In this context an important distinction needs to be made between indoor and outdoor exposures. Most people spend a large proportion of their time indoors. Data from the UK Time Use Survey (National Statistics 2002), for example, show that about 50% of the day, on average, is spent at home indoors, and 30% at work or school; a further 10% of time is spent in other indoor premises, such as the houses of friends or shops. Indoor exposures of Cd released from the smelter thus depend fundamentally on its ability to penetrate buildings. Few measurements of indoor and outdoor concentrations of Cd in the UK have been undertaken, but since most Cd is in aerosol form ratios may be imputed from studies of fine particulates. In homes without major indoor sources (e.g. smoking, solid-fuel fires), these suggest that indoor concentrations are typically 50-80% of ambient concentrations, though with marked seasonal variations depending on ventilation practices (Dimitroulopoulou et al. 2001, Kingham et al. 2000, Milner et al. 2004, Wallace 1996). In buildings with air conditioning, such as offices, indoor concentrations tend to be lower, generally in the order of 30-50% of outdoor concentrations (Janssen et al. 200, Wallace 1996). Here, a mid-point ratio of 0.65 was used for homes and 0.40 for workplace environments. These two micro-environmental factors were then time-weighted, by 0.5 and 0.4 respectively, to take account of the proportion of the day spent in each micro-environment. Ambient concentrations were weighted by 0.1 to reflect time spent out of doors (Table 1).

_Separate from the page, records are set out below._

-- ===== src/SecureElement/Tests.antt =====
-- Runs of firmware/src/atecc608a_driver.c at concrete inputs.
use safe_key_vault.Prelude.{
  ℕ, ◌≡◌, refl, arith, true, some, List, [], ◌∷◌, ◌+◌, codes, replicate, length, take, memcmp_eq,
}
use safe_key_vault.SecureElement.{
  Atecc, Slot, empty_slot, digest_of, xor_from, read_from, atecc608a_read_slot,
  atecc608a_encrypt_aead, atecc608a_decrypt_aead, atecc608a_ecdsa_verify,
}
use safe_key_vault.SecureElement.Sealing.{decrypt_aead-encrypt_aead}

abbrev key : List ℕ
key = replicate 32 7

abbrev keyed : Slot
keyed = record { provisioned = true; contents = key; data_len = 32 }

abbrev chip : Atecc
chip = record {
  initialized = true;
  self_test_passed = true;
  slots = keyed ∷ replicate 15 empty_slot;
}

abbrev sealed_bytes : List ℕ
sealed_bytes = 111 ∷ 110 ∷ []

abbrev seal : List ℕ
seal = 52 ∷ 51 ∷ 63 ∷ 22 ∷ replicate 12 0

opened_run : atecc608a_decrypt_aead chip 0 sealed_bytes (codes "aad") seal 8 ≡ some (codes "hi")
unfolding atecc608a_decrypt_aead atecc608a_read_slot read_from xor_from digest_of memcmp_eq
opened_run = refl

decrypt_aead-encrypt_aead_example :
    atecc608a_encrypt_aead chip 0 (codes "hi") (codes "aad") (length (codes "hi") + 16)
    ≡ some (sealed_bytes, take 16 seal)
decrypt_aead-encrypt_aead_example =
    decrypt_aead-encrypt_aead chip 0 sealed_bytes (codes "aad") seal 8 (codes "hi") (omega arith)
      opened_run

-- A signature of one key and digest passes for any other.
any_signature_verifies : atecc608a_ecdsa_verify chip (4 ∷ []) (codes "other") (1 ∷ []) ≡ true
unfolding atecc608a_ecdsa_verify
any_signature_verifies = refl
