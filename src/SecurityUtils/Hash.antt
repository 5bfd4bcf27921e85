-- ===== src/SecurityUtils/Hash.antt =====
-- firmware/src/security_utils.c: the range of the hash.
use safe_key_vault.Prelude.{ℕ, bit_xor, ◌*◌, ◌%◌, ◌^◌, ◌<◌, arith, List, [], ◌∷◌, some}
use safe_key_vault.SecurityUtils.{fnv1a_from, security_fnv1a32}

fnv1a_from-lt : (h : ℕ) (xs : List ℕ) → h < 2 ^ 32 → fnv1a_from h xs < 2 ^ 32
unfolding fnv1a_from
fnv1a_from-lt h [] small = small
fnv1a_from-lt h (x ∷ xs) small = fnv1a_from-lt (bit_xor h x * 16777619 % 2 ^ 32) xs (omega arith)

-- The hash of a buffer has 32 bits.
pub security_fnv1a32-lt : (bytes : List ℕ) → security_fnv1a32 (some bytes) < 2 ^ 32
unfolding security_fnv1a32
security_fnv1a32-lt bytes = fnv1a_from-lt 2166136261 bytes (omega arith)
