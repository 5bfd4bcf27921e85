-- ===== src/SecurityUtils/Tests.antt =====
-- firmware/src/security_utils.c at concrete buffers.
use safe_key_vault.Prelude.{ℕ, some, [], ◌∷◌, List, ◌≡◌, refl, codes}
use safe_key_vault.SecurityUtils.{security_fnv1a32}

abbrev left : List ℕ
left = 1 ∷ 2 ∷ 3 ∷ []

abbrev right : List ℕ
right = 1 ∷ 2 ∷ 4 ∷ []

fnv_of_a : security_fnv1a32 (some (codes "a")) ≡ 0xe40c292c
unfolding security_fnv1a32
fnv_of_a = refl
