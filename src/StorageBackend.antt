-- ===== src/StorageBackend.antt =====
-- firmware/src/storage_backend.c and firmware/include/storage_backend.h: two flash sectors, each
-- with one slot. A sector is the list of the bytes programmed since its erasure; a byte behind
-- the list's end reads as 0xFF. The HAL is outside the repository: what its calls return in one
-- operation, and what a failed one leaves in the sector, is an argument of that operation, and
-- `FLASH_BASE` is the parameter `flash_base`. The structure is laid out little-endian with the
-- three bytes of padding of a 32-bit ABI behind `crc8`. A read asks for the whole sector, which
-- is more than the structure on the stack holds; the model keeps what the structure sees.
pub mod Calls
pub mod Header
pub mod Written
pub mod Latest
pub mod Generations
pub mod Roundtrip
pub mod Lost
pub mod Corrupt
pub mod Wipe
mod Tests
use safe_key_vault.Prelude.{
  ℕ, zero, suc, ◌+◌, ◌-◌, ◌*◌, ◌/◌, ◌%◌, ◌^◌, Bool, true, false, ◌&&◌, ◌||◌, not, Option, none,
  some, List, [], ◌∷◌, ◌++◌, bit_xor, drop, set, length, get_or, ltb, leb, ◌==◌, if◌then◌else◌,
}

abbrev pub Bytes : Type 0
Bytes = List ℕ

pub data Sector : Type 0 where
  sector_a sector_b : Sector

-- `FLASH_SECTOR_A_ADDR` is 0x08000000 and `FLASH_SECTOR_B_ADDR` is 0x08004000.
unfoldable pub address : Sector → ℕ
address Sector.sector_a = 134217728
address Sector.sector_b = 134234112

abbrev pub flash_sector_size : ℕ
flash_sector_size = 16384

abbrev pub flash_bank_size : ℕ
flash_bank_size = 2097152

abbrev pub max_payload : ℕ
max_payload = 256

-- `g_storage_initialized` and the two sectors.
pub record Storage : Type 0 where
  pub initialized : Bool
  pub at_a : Bytes
  pub at_b : Bytes

abbrev pub sector : Storage → Sector → Bytes
sector s Sector.sector_a = s.at_a
sector s Sector.sector_b = s.at_b

abbrev pub put : Storage → Sector → Bytes → Storage
put s Sector.sector_a bytes = record s { at_a = bytes }
put s Sector.sector_b bytes = record s { at_b = bytes }

-- `calculate_crc8`: the exclusive or of the bytes.
abbrev pub crc_from : ℕ → Bytes → ℕ
crc_from crc [] = crc
crc_from crc (x ∷ xs) = crc_from (bit_xor crc x) xs

abbrev pub calculate_crc8 : Bytes → ℕ
calculate_crc8 data_bytes = crc_from 0 data_bytes

-- The first n bytes of a sector.
unfoldable pub read_bytes : Bytes → ℕ → Bytes
read_bytes bytes zero = []
read_bytes [] (suc n) = 255 ∷ read_bytes [] n
read_bytes (x ∷ bytes) (suc n) = x ∷ read_bytes bytes n

abbrev pub byte_at : Bytes → ℕ → ℕ
byte_at bytes i = get_or bytes i 255

-- A `uint32_t` in memory, stored and loaded.
abbrev pub le32 : ℕ → Bytes
le32 n = n % 256 ∷ n / 256 % 256 ∷ n / 65536 % 256 ∷ n / 16777216 % 256 ∷ []

abbrev pub word : ℕ → ℕ → ℕ → ℕ → ℕ
word b0 b1 b2 b3 = b0 + b1 * 256 + b2 * 65536 + b3 * 16777216

-- `header.generation`, `header.schema_version`, `header.payload_len` and `header.crc8[0]`.
abbrev pub generation : Bytes → ℕ
generation s = word (byte_at s 0) (byte_at s 1) (byte_at s 2) (byte_at s 3)

abbrev pub schema_version : Bytes → ℕ
schema_version s = word (byte_at s 4) (byte_at s 5) (byte_at s 6) (byte_at s 7)

abbrev pub payload_len : Bytes → ℕ
payload_len s = word (byte_at s 8) (byte_at s 9) (byte_at s 10) (byte_at s 11)

abbrev pub crc8 : Bytes → ℕ
crc8 s = byte_at s 12

-- The first n bytes of `slot->payload`.
abbrev pub payload_of : Bytes → ℕ → Bytes
payload_of s n = read_bytes (drop 16 s) n

-- The two range checks that `read_flash_sector` and `write_flash_sector` begin with.
unfoldable pub in_flash : ℕ → ℕ → ℕ → Bool
in_flash flash_base addr size =
    not (ltb addr flash_base || leb (flash_base + flash_bank_size) addr)
    && not (ltb flash_sector_size size || ltb (flash_base + flash_bank_size) (addr + size))

unfoldable pub read_flash_sector : ℕ → Storage → Sector → Option Bytes
unfolding in_flash address
read_flash_sector flash_base s x =
    if in_flash flash_base (address x) flash_sector_size then some (sector s x) else none

-- What the HAL does in one call of `write_flash_sector`: `words_ok` is the number of words that
-- are programmed before `HAL_FLASH_Program` fails.
pub record FlashRun : Type 0 where
  pub unlock_ok : Bool
  pub erase_ok : Bool
  pub failed_erase : Bytes
  pub words_ok : ℕ
  pub failed_program : Bytes
  pub lock_ok : Bool

-- The loop over the words: the sector's bytes, and whether every call succeeded.
unfoldable pub program_words : ℕ → Bytes → Bytes → Bytes × Bool
program_words n failed [] = ([], true)
program_words zero failed (b ∷ rest) = (failed, false)
program_words (suc n) failed (b0 ∷ b1 ∷ b2 ∷ b3 ∷ rest) =
    let (bytes, done) = program_words n failed rest in (b0 ∷ b1 ∷ b2 ∷ b3 ∷ bytes, done)
program_words (suc n) failed (b0 ∷ []) = (b0 ∷ 0 ∷ 0 ∷ 0 ∷ [], true)
program_words (suc n) failed (b0 ∷ b1 ∷ []) = (b0 ∷ b1 ∷ 0 ∷ 0 ∷ [], true)
program_words (suc n) failed (b0 ∷ b1 ∷ b2 ∷ []) = (b0 ∷ b1 ∷ b2 ∷ 0 ∷ [], true)

unfoldable pub write_flash_sector : ℕ → FlashRun → Storage → Sector → Bytes → Storage × Bool
unfolding in_flash address program_words
write_flash_sector flash_base hal s x data_bytes =
    if not (in_flash flash_base (address x) (length data_bytes))
    then (s, false)
    else if not hal.unlock_ok
    then (s, false)
    else if not hal.erase_ok
    then (put s x hal.failed_erase, false)
    else let (bytes, done) = program_words hal.words_ok hal.failed_program data_bytes in
      (put s x bytes, done && hal.lock_ok)

unfoldable pub is_slot_valid : Bytes → Bool
is_slot_valid slot =
    if payload_len slot == 0 || ltb max_payload (payload_len slot)
    then false
    else calculate_crc8 (read_bytes slot 15) == crc8 slot

abbrev pub get_slot_generation : Bytes → ℕ
get_slot_generation slot = if payload_len slot == 0 then 0 else generation slot

unfoldable pub slot_newer : Bytes → Bytes → Bool
slot_newer a b =
    if payload_len a == 0
    then false
    else if payload_len b == 0
    then true
    else ltb (get_slot_generation b) (get_slot_generation a)

unfoldable pub storage_backend_init : Storage → Storage
storage_backend_init s = if s.initialized then s else record s { initialized = true }

-- `slot_x_read_ok && is_slot_valid(&slot_x)`.
unfoldable pub valid_at : ℕ → Storage → Sector → Bool
unfolding read_flash_sector is_slot_valid
valid_at flash_base s x = elim (read_flash_sector flash_base s x) [
  | none ↦ false
  | some slot ↦ is_slot_valid slot
]

unfoldable pub next_generation : ℕ → Storage → ℕ
unfolding valid_at
next_generation flash_base s =
    let a = generation s.at_a in
    let b = generation s.at_b in
    if valid_at flash_base s Sector.sector_a && valid_at flash_base s Sector.sector_b
    then ((if ltb b a then a else b) + 1) % 2 ^ 32
    else if valid_at flash_base s Sector.sector_a
    then (a + 1) % 2 ^ 32
    else if valid_at flash_base s Sector.sector_b
    then (b + 1) % 2 ^ 32
    else 1

unfoldable pub write_address : ℕ → Storage → Sector
unfolding valid_at slot_newer
write_address flash_base s =
    if not (valid_at flash_base s Sector.sector_a)
    then Sector.sector_a
    else if not (valid_at flash_base s Sector.sector_b)
    then Sector.sector_b
    else if slot_newer s.at_a s.at_b
    then Sector.sector_b
    else Sector.sector_a

-- What the stack holds where `new_slot` is not assigned: `crc8`, the padding and the payload's
-- tail.
pub record Junk : Type 0 where
  pub old_crc8 : ℕ
  pub pad0 : ℕ
  pub pad1 : ℕ
  pub pad2 : ℕ
  pub tail : Bytes

-- `new_slot`: the check sum runs over `sizeof(header) - sizeof(crc8)` = 15 bytes, and so over
-- the old `crc8` and two bytes of padding.
unfoldable pub new_slot : Junk → ℕ → ℕ → Bytes → Bytes
unfolding read_bytes
new_slot junk gen schema payload =
    let fields = le32 gen ++ le32 schema ++ le32 (length payload) in
    let crc = calculate_crc8 (fields ++ (junk.old_crc8 ∷ junk.pad0 ∷ junk.pad1 ∷ [])) in
    fields
    ++ (crc ∷ junk.pad0 ∷ junk.pad1 ∷ junk.pad2 ∷ [])
    ++ payload
    ++ read_bytes junk.tail (max_payload - length payload)
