-- ===== src/SettingsStore.antt =====
-- firmware/src/settings_store.c and firmware/include/settings_store.h, built with
-- FIRMWARE_PRODUCTION = 0, over the crypto engine and the storage backend. The pointers that
-- results are written through are never NULL here. `runtime_settings_t` has 14 bytes, the last of
-- which is padding, and `settings_blob_t` has 40.
pub mod Records
pub mod Lifecycle
pub mod Calls
pub mod Blobs
pub mod Saving
pub mod Loading
pub mod Unstored
pub mod Wiping
mod Tests
use safe_key_vault.Prelude.{
  ℕ, ◌+◌, ◌*◌, ◌/◌, ◌%◌, bit_xor, Bool, not, Option, none, some, List, [], ◌∷◌, ◌++◌, get_or, take,
  drop, replicate, ◌==◌, if◌then◌else◌, Outcome, answer, ◌>>=◌,
}
use safe_key_vault.FirmwareTypes.{RuntimeSettings}
use safe_key_vault.SecurityUtils.{security_fnv1a32}
use safe_key_vault.StateMachine.{auto_lock_timeout_seconds_default}
use safe_key_vault.StorageBackend.{Bytes, Storage, FlashRun, Junk, le32, word}
use safe_key_vault.CryptoEngine.{CryptoState, crypto_engine_read_atecc_slot, crypto_engine_hash16}

-- What the file uses and no file of the repository gives it: `crypto_engine_set_master_key`,
-- `ATECC608A_SLOT_DEVICE_SECRET` and `ATECC608A_SLOT_PUBKEY`.
pub record External : Type 0 where
  pub set_master_key : CryptoState → List ℕ → CryptoState
  pub slot_device_secret : ℕ
  pub slot_pubkey : ℕ

-- What surrounds a save: the flash, and the padding byte of the settings.
pub record SaveRun : Type 0 where
  pub flash_base : ℕ
  pub hal : FlashRun
  pub junk : Junk
  pub pad : ℕ

-- `settings` has the 14 bytes of the structure in memory.
pub record SettingsBlob : Type 0 where
  pub version : ℕ
  pub settings : Bytes
  pub crc32 : ℕ
  pub hmac_tag : Bytes

-- The globals of the file, with those of the files behind it. `encrypted_payload` has
-- `encrypted_payload_len` bytes: those past it are never read.
pub record SettingsStore : Type 0 where
  pub initialized : Bool
  pub blob : SettingsBlob
  pub encrypted_payload : Bytes
  pub encryption_counter : ℕ
  pub crypto : CryptoState
  pub storage : Storage

abbrev pub settings_version : ℕ
settings_version = 1

abbrev pub empty_blob : SettingsBlob
empty_blob = record { version = 0; settings = replicate 14 0; crc32 = 0; hmac_tag = replicate 16 0 }

abbrev pub bool_byte : Bool → ℕ
bool_byte b = if b then 1 else 0

-- `runtime_settings_t` in memory.
unfoldable pub settings_bytes : ℕ → RuntimeSettings → Bytes
settings_bytes pad r =
    bool_byte r.auto_popup_enabled
    ∷ bool_byte r.manual_popup_requires_touch
    ∷ bool_byte r.require_touch_for_fill
    ∷ bool_byte r.hold_required_for_selection
    ∷ r.autolock_seconds % 256
    ∷ r.autolock_seconds / 256 % 256
    ∷ r.pin_attempt_limit % 256
    ∷ bool_byte r.wipe_on_lockout
    ∷ bool_byte r.passkeys_enabled
    ∷ bool_byte r.totp_enabled
    ∷ r.default_account_index % 256
    ∷ bool_byte r.auto_type_on_plugin
    ∷ r.totp_display_mode % 256
    ∷ pad
    ∷ []

abbrev pub flag_at : Bytes → ℕ → Bool
flag_at bytes i = not (get_or bytes i 0 == 0)

unfoldable pub settings_of : Bytes → RuntimeSettings
settings_of bytes = record {
  auto_popup_enabled = flag_at bytes 0;
  manual_popup_requires_touch = flag_at bytes 1;
  require_touch_for_fill = flag_at bytes 2;
  hold_required_for_selection = flag_at bytes 3;
  autolock_seconds = get_or bytes 4 0 + get_or bytes 5 0 * 256;
  pin_attempt_limit = get_or bytes 6 0;
  wipe_on_lockout = flag_at bytes 7;
  passkeys_enabled = flag_at bytes 8;
  totp_enabled = flag_at bytes 9;
  default_account_index = get_or bytes 10 0;
  auto_type_on_plugin = flag_at bytes 11;
  totp_display_mode = get_or bytes 12 0;
}

abbrev pub word_at : Bytes → ℕ → ℕ
word_at bytes i =
    word (get_or bytes i 0) (get_or bytes (i + 1) 0) (get_or bytes (i + 2) 0)
      (get_or bytes (i + 3) 0)

-- `settings_blob_t` in memory.
unfoldable pub blob_bytes : SettingsBlob → Bytes
blob_bytes blob = le32 blob.version ++ blob.settings ++ (0 ∷ 0 ∷ le32 blob.crc32) ++ blob.hmac_tag

unfoldable pub blob_of : Bytes → SettingsBlob
blob_of bytes = record {
  version = word_at bytes 0;
  settings = take 14 (drop 4 bytes);
  crc32 = word_at bytes 20;
  hmac_tag = take 16 (drop 24 bytes);
}

unfoldable pub settings_crc : Bytes → ℕ
settings_crc settings = security_fnv1a32 (some settings)

unfoldable pub with_default : RuntimeSettings → RuntimeSettings
with_default r =
    if r.autolock_seconds == 0
    then record r { autolock_seconds = auto_lock_timeout_seconds_default }
    else r

unfoldable pub build_blob : ℕ → RuntimeSettings → SettingsBlob
build_blob pad r =
    let settings = settings_bytes pad (with_default r) in
    record {
      version = settings_version;
      settings = settings;
      crc32 = settings_crc settings;
      hmac_tag = replicate 16 0;
    }

-- What the nonce is the hash of: the device secret is left out where it cannot be read.
unfoldable pub nonce_seed : Bytes → Option Bytes → Bytes
nonce_seed mixed_counter none = mixed_counter
nonce_seed mixed_counter (some secret) = mixed_counter ++ secret

-- The nonce is computed, and the encryption does not take it. The counter has been counted up.
unfoldable pub settings_store_nonce : External → SettingsStore → Outcome Bytes
settings_store_nonce ext s =
    let mixed_counter = le32 (bit_xor s.encryption_counter 0xDEADBEEF) in
    let secret = crypto_engine_read_atecc_slot s.crypto ext.slot_device_secret 12 in
    crypto_engine_hash16 s.crypto (nonce_seed mixed_counter secret) >>= λ hash.
    answer (take 12 hash)

abbrev pub blob_aad : SettingsBlob → Bytes
blob_aad blob = le32 blob.version ++ le32 blob.crc32
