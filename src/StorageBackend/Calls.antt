-- ===== src/StorageBackend/Calls.antt =====
-- The calls of firmware/include/storage_backend.h: `storage_backend_write_atomic`,
-- `storage_backend_read_latest`, the two debug calls and `storage_backend_wipe`.
use safe_key_vault.Prelude.{
  ℕ, Bool, true, false, ◌&&◌, ◌||◌, not, Option, none, some, ◌+◌, ◌%◌, ltb, ◌==◌, if◌then◌else◌,
  length, set, [],
}
use safe_key_vault.StorageBackend.{
  Bytes, Sector, Storage, FlashRun, Junk, sector, read_bytes, generation, schema_version,
  payload_len, crc8, payload_of, max_payload, write_flash_sector, slot_newer, valid_at,
  next_generation, write_address, new_slot,
}

unfoldable pub storage_backend_write_atomic :
    ℕ → FlashRun → Junk → Storage → Option Bytes → ℕ → Storage × Bool
unfolding write_flash_sector write_address next_generation new_slot
storage_backend_write_atomic flash_base hal junk s none schema = (s, false)
storage_backend_write_atomic flash_base hal junk s (some payload) schema =
    if not s.initialized || length payload == 0 || ltb max_payload (length payload)
    then (s, false)
    else write_flash_sector flash_base hal s (write_address flash_base s)
        (new_slot junk (next_generation flash_base s) schema payload)

-- The slot that `storage_backend_read_latest` reads and `storage_backend_debug_corrupt_latest`
-- changes.
unfoldable pub latest_slot : ℕ → Storage → Option Sector
unfolding valid_at slot_newer
latest_slot flash_base s =
    if valid_at flash_base s Sector.sector_a && valid_at flash_base s Sector.sector_b
    then some (if slot_newer s.at_a s.at_b then Sector.sector_a else Sector.sector_b)
    else if valid_at flash_base s Sector.sector_a
    then some Sector.sector_a
    else if valid_at flash_base s Sector.sector_b
    then some Sector.sector_b
    else none

-- The payload and the schema version, for an `out_payload` of `out_capacity` bytes.
unfoldable pub storage_backend_read_latest : ℕ → Storage → ℕ → Option (Bytes × ℕ)
unfolding latest_slot
storage_backend_read_latest flash_base s out_capacity =
    if not s.initialized then none else elim (latest_slot flash_base s) [
      | none ↦ none
      | some x ↦
          let slot = sector s x in
          if ltb out_capacity (payload_len slot)
          then none
          else some (payload_of slot (payload_len slot), schema_version slot)
    ]

-- `storage_backend_debug_t`.
pub record Debug : Type 0 where
  pub slot_a_valid : Bool
  pub slot_b_valid : Bool
  pub slot_a_generation : ℕ
  pub slot_b_generation : ℕ

unfoldable pub storage_backend_debug_state : ℕ → Storage → Option Debug
unfolding valid_at
storage_backend_debug_state flash_base s =
    let a = valid_at flash_base s Sector.sector_a in
    let b = valid_at flash_base s Sector.sector_b in
    if not s.initialized
    then none
    else some (record {
      slot_a_valid = a;
      slot_b_valid = b;
      slot_a_generation = if a then generation s.at_a else 0;
      slot_b_generation = if b then generation s.at_b else 0;
    })

-- `target_slot->header.crc8[0]++` in a `uint8_t`, on the 272 bytes of the structure.
unfoldable pub corrupted : Bytes → Bytes
unfolding read_bytes
corrupted slot = set (read_bytes slot 272) 12 ((crc8 slot + 1) % 256)

unfoldable pub storage_backend_debug_corrupt_latest : ℕ → FlashRun → Storage → Storage × Bool
unfolding latest_slot write_flash_sector corrupted
storage_backend_debug_corrupt_latest flash_base hal s =
    if not s.initialized then (s, false) else elim (latest_slot flash_base s) [
      | none ↦ (s, false)
      | some x ↦ write_flash_sector flash_base hal s x (corrupted (sector s x))
    ]

-- What the HAL does in one call of `storage_backend_wipe`.
pub record WipeRun : Type 0 where
  pub unlock_ok : Bool
  pub erase_a_ok : Bool
  pub left_at_a : Bytes
  pub erase_b_ok : Bool
  pub left_at_b : Bytes
  pub lock_ok : Bool

unfoldable pub storage_backend_wipe : WipeRun → Storage → Storage × Bool
storage_backend_wipe hal s =
    if not s.initialized
    then (s, false)
    else if not hal.unlock_ok
    then (s, false)
    else if not hal.erase_a_ok
    then (record s { at_a = hal.left_at_a }, false)
    else if not hal.erase_b_ok
    then (record s { at_a = []; at_b = hal.left_at_b }, false)
    else if not hal.lock_ok
    then (record s { at_a = []; at_b = [] }, false)
    else (record { initialized = false; at_a = []; at_b = [] }, true)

|Stack height (average 12 stacks)||41 m||Monitoring by operators|
|Exit velocity (average 12 stacks)||27 m/s||Monitoring by operators|
|Gas temperature (average 12 stacks)||46 C||Monitoring by operators|
|Emission rate||950 kg/yr||Monitoring by operators|
|Stack height||0 m|
|Exit velocity||0 m/s|
|Gas temperature||0 C|
|Emission rate||950 kg/yr||Estimate by operators|
|Minimum Monin-Obukhov length (m)||30||Mixed urban/rural land|
|Proportion of spent time indoors at home||0.5||National Statistics (2002)|
|Proportion of time spent indoors at work||0.4||National Statistics (2002)|
|Proportion of time spent outdoors||0.1||National Statistics (2002)|
|Indoor inhalation rate: infants (< 1 year)||0.25 m3/hr||Based on Layton (1993)|
|Indoor inhalation rates: others||0.5 m3/hr|
|Outdoor inhalation rate: infants (< 1 year)||0.75 m3/hr||Based on Layton (1993)|
|Outdoor inhalation rates: others||1.5 m3/hr|
Physical activity levels in these different micro-environments vary. Again, detailed data are not available for the study population, but the UK Time Use Survey (2000) suggests that people spend less than 10% of their time in moderate to intense physical activities, such as heavy work or exercise-taking. Inhalation rates likewise vary, both in response to activity levels and because of differences in physiological function (e.g. associated with age, gender, body mass and physical health). Estimates of inhalation rates reported in the literature show a considerable range (e.g. US Environmental Protection Agency 1996, Layton 1993, Marshall et al. 2005), but in the UK an average value of 0.85 m3/hour is widely used for dose estimates for adults, while Layton (1993) has suggested rates of 0.2 m3/hour and 0.36 m3/hour for children aged <1 year and 1-10 years, respectively. Here we assume inhalation rates for of 0.5 m3/hr and 1.5 m3/hr for indoors and outdoors respectively, with values of half these for children less than one year of age (Table 1).
Intake from food
As noted, Cd enters foodstuffs largely as a result of uptake by plants growing in Cd-contaminated soils. Soil contamination from the smelter is likely to occur mainly as a result of wet and dry deposition from the atmosphere, and might thus be expected broadly to reflect atmospheric concentrations in the surrounding area. Measurements of soil Cd were, in fact, made during the 1980s and 1990s as part of a study by Long Ashton Research Station but data on Cd uptake by crops or animals in the area are not available. Data have been collected on consumption of locally grown vegetables, and these along with locally produced meat and dairy products may be a significant exposure source (Hellström et al. 2007). Nevertheless, it cannot be assumed that intake via food is restricted to the local population; instead, agricultural produce is likely to find its way to a large and widely dispersed population, via commercial food distribution.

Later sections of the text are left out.